Prompt
Look through the material beneath and copy each line with the word "differs".

Exercise data

# # #

-- ===== src/Acpi/Checksum.antt =====
-- The checksum of a table, and the interrupt overrides.
use qnixx.Common.{
  ℕ, zero, suc, ◌+◌, ◌*◌, ◌%◌, ◌<◌, ◌≡◌, refl, ap, ◌⊎◌, Bool, true, ◌==◌, Bool-cases, inl, inr,
  if◌then◌else◌, arith,
}
use qnixx.Common.Word.{u8, u64}
use qnixx.Libkern.Memory.{Memory}
use qnixx.Libkern.String.{memcmp}
use qnixx.Acpi.Tables.{header_at, read32}
use qnixx.Acpi.{sum_from, do_checksum, acpi_query, query_from, Acpi}

-- The sum of the bytes of a block.
unfoldable pub byte_sum : Memory → ℕ → ℕ → ℕ
byte_sum memory zero a = 0
byte_sum memory (suc n) a = memory a + byte_sum memory n (a + 1)

sum_from_lem :
    (memory : Memory) (n a sum : ℕ)
    → sum < 256
    → sum_from memory n a sum ≡ (sum + byte_sum memory n a) % 256
unfolding sum_from byte_sum
sum_from_lem memory zero a sum small = omega (arith, small)
sum_from_lem memory (suc n) a sum small =
    omega (arith, sum_from_lem memory n (a + 1) (u8 (sum + memory a)) (omega arith))

-- The wrapping byte sum of do_checksum is 0 exactly if the sum of the bytes of the table, as many
-- as its length says, is a multiple of 256.
pub do_checksum_lem :
    (memory : Memory) (header : ℕ)
    → do_checksum memory header
      ≡ (byte_sum memory (header_at memory header).length header % 256 == 0)
unfolding do_checksum
do_checksum_lem memory header =
    let n = (header_at memory header).length in
    let sum : sum_from memory n header 0 % 256 ≡ byte_sum memory n header % 256 =
      omega (arith, sum_from_lem memory n header 0 (omega arith)) in
    ap (λ (t : ℕ). t == 0) sum

query_from-step :
    (memory : Memory) (higher_half left rsdt : ℕ) (query : Memory) (n i : ℕ) {differs : Bool}
    → (memcmp (λ k. memory (u64 (read32 memory (rsdt + 36 + 4 * i) + higher_half) + k)) query n
        == 0)
      ≡ differs
    → query_from memory higher_half (suc left) rsdt query n i ≡ (
        if differs
        then (if do_checksum memory (u64 (read32 memory (rsdt + 36 + 4 * i) + higher_half))
            then u64 (read32 memory (rsdt + 36 + 4 * i) + higher_half)
            else 0)
        else query_from memory higher_half left rsdt query n (i + 1))
unfolding query_from
query_from-step memory higher_half left rsdt query n i h = rw (h, query_from) refl

checked :
    (memory : Memory) (table : ℕ)
    → ((if do_checksum memory table then table else 0) ≡ 0)
      ⊎ (do_checksum memory (if do_checksum memory table then table else 0) ≡ true)
checked memory table = elim (Bool-cases (do_checksum memory table)) [
  | inl good ↦ inr (rw (good, good) refl)
  | inr bad ↦ inl (rw bad refl)
]

query_from-checksum :
    (memory : Memory) (higher_half left rsdt : ℕ) (query : Memory) (n i : ℕ)
    → (query_from memory higher_half left rsdt query n i ≡ 0)
      ⊎ (do_checksum memory (query_from memory higher_half left rsdt query n i) ≡ true)
unfolding query_from
query_from-checksum memory higher_half zero rsdt query n i = inl refl
query_from-checksum memory higher_half (suc left) rsdt query n i = elim (Bool-cases _) [
  | inl found ↦
      rw (query_from-step memory higher_half left rsdt query n i found)
        (checked memory (u64 (read32 memory (rsdt + 36 + 4 * i) + higher_half)))
  | inr other ↦
      rw (query_from-step memory higher_half left rsdt query n i other)
        (query_from-checksum memory higher_half left rsdt query n (i + 1))
]

-- Whatever is in memory, acpi_query returns NULL or the address of a table with a good checksum.
pub acpi_query-checksum :
    (memory : Memory) (higher_half : ℕ) (acpi : Acpi) (query : Memory) (n : ℕ)
    → (acpi_query memory higher_half acpi query n ≡ 0)
      ⊎ (do_checksum memory (acpi_query memory higher_half acpi query n) ≡ true)
unfolding acpi_query
acpi_query-checksum memory higher_half acpi query n =
    query_from-checksum memory higher_half acpi.rsdt_entry_count acpi.rsdt query n 0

# # #

Response
    (memory : Memory) (higher_half left rsdt : ℕ) (query : Memory) (n i : ℕ) {differs : Bool}
      ≡ differs
        if differs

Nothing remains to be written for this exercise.